SELF-STUDY GUIDE (References)
Google the following search terms to find the article references:
- Dykes v. Arnold 015185; a121699 Oregon
- Wirostek v. Johnson, 266 Or. 72, 75,
511 P.2d 373
- Reed v. Tacoma Bldg & Sav. Ass’n, 2 Wash.198, 202,26P. 252, 252-253
- McDowell v. Carothers, 75 Or. 126, 135, 146 P 800
- ORS 93.310
- Mason v. United States 260 U.S. 545, 558, 43, S. Ct. 200, 67 L. Ed 396. (This ties to footnote 14 in Dykes decision).
The Barbershop Barrister
So when should I use double bubbling? My guess is close to never in the course of a retracement survey and even closer if your paycheck is not from the U.S. Treasury. Pulling a double whammy in the federal sandbox is appropriate and a good answer to an anomaly that exists under federal authority. The method is an equitable redistribution of measurements provided under a consistent set of instructions and it’s an ingenious solution within a collective domain.
On the other hand a successful boundary retracement in the non-federal arena must reconcile the evidence of conveyances to be effective. Retracement includes perpetuating evidence that marks the boundaries of competing chains of titles. Notice of a deed or patent is related with marks often established by independent parties. This could include discovering evidence leading to a reasonable construction* of their connection. Why doesn’t double bubbling fit here? Because your fresh double dinger is a remedy, not evidence ya’ nitwit. A lost corner is rare and is the conclusion of a retracement survey. After that conclusion is made, an authoritative action must take place to resolve the private ownership issue and restore the public reliability of the corner. I would not expect a land survey alone to satisfy either or both needs. However, and I’ll give you double troublers some credit for this, winging by the numbers out across the lily fields of harmony has served to smoke out some good testimony in the courtroom. Look what we found in Boerst (Wisconsin), Atwell (Washington), Wacker (Arizona), Tresemer (New Mexico), Lee (Alaska), Dittrich (Minnesota), and of course Dykes in Oregon.
Again, so when should I use the double proration method? My best answer is probably when preparing a recorded boundary agreement in the absence of any evidence or agreement between owners and with authoritative notice deeming the original corner as lost. When I say “authoritative notice” I’m not just talking about your note on your survey. At this point we may be dealing with a formal mitigation, perhaps soliciting the public for evidence through formal advertising, deposing experts, and maybe even petitioning your county or court on behalf of the public. There’s more to it than tossing out a rectangular grenade and walking away. That’s just domestic terrorism with a COGO dirty bomb. Our value lies in recovering evidence that satisfies a reasonable construction* to the interested public.

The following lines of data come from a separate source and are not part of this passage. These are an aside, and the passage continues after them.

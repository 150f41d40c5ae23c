-- ===== src/Tests/Pcs.antt =====
-- The coding layer of liteeth/phy/pcs_1000basex.py on concrete frames and words.
use liteeth.Prelude.{ℕ, Bool, true, false, ◌≡◌, refl, arith, List, [], ◌∷◌, map, replicate}
use liteeth.Machine.{ticks, outs}
use liteeth.Phy.Pcs.Transmit
use liteeth.Phy.Pcs.Receive
use liteeth.Phy.Pcs.Transmit.{tx_step}
use liteeth.Phy.Pcs.Receive.{Byte, rx_step}
use liteeth.Phy.Pcs.Frame.{frame_in}
use liteeth.Phy.Pcs.Frame.Feed.{fed, frame_time}
use liteeth.Phy.Pcs.Frame.Hear.{heard, rx_step-tx_step}
use liteeth.Phy.Pcs.Align.{all_even, tx_step-all_even}
use liteeth.Phy.Pcs.Config
use liteeth.Phy.Pcs.Config.{Word, words_in, reports, rx_at, reports-tx_step}
use liteeth.Phy.Pcs.Autoneg
use liteeth.Phy.Pcs.Autoneg.{autoneg_step, wait_abi, running, config_reg, config_reg_any_ack}
use liteeth.Phy.Pcs.Autoneg.Handshake.{ability, acknowledge, more_acks, in_order}
use liteeth.Phy.Pcs.Autoneg.Handshake.{autoneg_step-in_order}
use liteeth.Phy.Pcs.Autoneg.Silence.{autoneg_step-wait_abi}

-- The signals at rest, at 100 Mb/s, where a byte takes ten cycles.
abbrev rest : Transmit.Inputs
rest = record {
  config_stb = false;
  config_reg = 0;
  tx_stb = false;
  tx_data = 0;
  sgmii_speed = 1;
  disparity = false;
}

abbrev fresh_tx : ℕ → Transmit.Tx
fresh_tx timer = Transmit.at Transmit.start false false 0 timer

rx_step-tx_step_example :
    outs rx_step (Receive.at Receive.start 0 0 false 9 false false 0) (
      map (heard 1) (
        outs tx_step
          (fresh_tx 9)
          (fed rest 9 (fresh_tx 9) (85 ∷ 7 ∷ 8 ∷ []) (frame_time rest 9 false (7 ∷ 8 ∷ [])))))
    ≡ record { last = false; data_byte = 85 }
      ∷ (record { last = false; data_byte = 7 } ∷ (record { last = true; data_byte = 8 } ∷ []))
rx_step-tx_step_example =
    (rx_step-tx_step rest 9 (λ t. refl) 85 (7 ∷ (8 ∷ [])) false false 0 0 0 0 false false).0

tx_step-all_even_example :
    all_even false
      (outs tx_step (fresh_tx 0) (rest ∷ (rest ∷ (frame_in rest 0 false 85 (188 ∷ [])))))
    ≡ true
tx_step-all_even_example =
    tx_step-all_even (fresh_tx 0) (rest ∷ (rest ∷ (frame_in rest 0 false 85 (188 ∷ [])))) refl

abbrev word : ℕ → Word
word reg = record { reg = reg; first = rest; second = rest; third = rest; fourth = rest }

reports-tx_step_example :
    reports (rx_at Receive.start 0 0 false 0) (
      map
        (Config.heard 2)
        (outs tx_step (fresh_tx 0) (words_in (word 0x4020 ∷ (word 0x0021 ∷ [])))))
    ≡ 0x4020 ∷ (0x0021 ∷ [])
reports-tx_step_example = reports-tx_step (word 0x4020 ∷ (word 0x0021 ∷ [])) false false 0 0 2 0 0 0

abbrev event : Bool → Bool → Bool → Autoneg.Inputs
event abi ack more = record {
  seen_valid_ci = true;
  config_reg_abi = abi;
  config_reg_ack = ack;
  more_ack_done = more;
  config_reg_empty = false;
}

abbrev events : List Autoneg.Inputs
events = event true false false ∷ (event false true false ∷ (event false false true ∷ []))

abbrev down : Autoneg.Autoneg
down = Autoneg.at wait_abi false 5 false true

autoneg_step-in_order_example : in_order (ability ∷ (acknowledge ∷ (more_acks ∷ []))) events ≡ true
unfolding autoneg_step ticks
autoneg_step-in_order_example = autoneg_step-in_order 5 down events refl refl

abbrev silence : Autoneg.Inputs
silence = record {
  seen_valid_ci = false;
  config_reg_abi = false;
  config_reg_ack = false;
  more_ack_done = true;
  config_reg_empty = false;
}

autoneg_step-wait_abi_example :
    (ticks (autoneg_step 2) (Autoneg.at running true 2 false true) (replicate 7 silence)).fsm
    ≡ wait_abi
autoneg_step-wait_abi_example =
    autoneg_step-wait_abi 2 (Autoneg.at running true 2 false true) (replicate 7 silence)
      (omega arith) refl (omega arith)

So I’ve asterisked “reasonable construction” because I don’t want any confusion with any defined legal standard of care. It’s a homespun phrase used in this article to describe our subjective judgement. On that topic and using the corner record from the Dykes survey: archive.amerisurv.com/PDF/MON_PED.pdf
- Does the evidence lead to a reasonable construction of the position of the section corner?
- How many different positions were accepted as the corner?
- Does the record lead the interested public to reasonable notice of the original position?
- Could the record lead to a reasonable construction of otherwise valid or bona fide corners in alternate places throughout the section?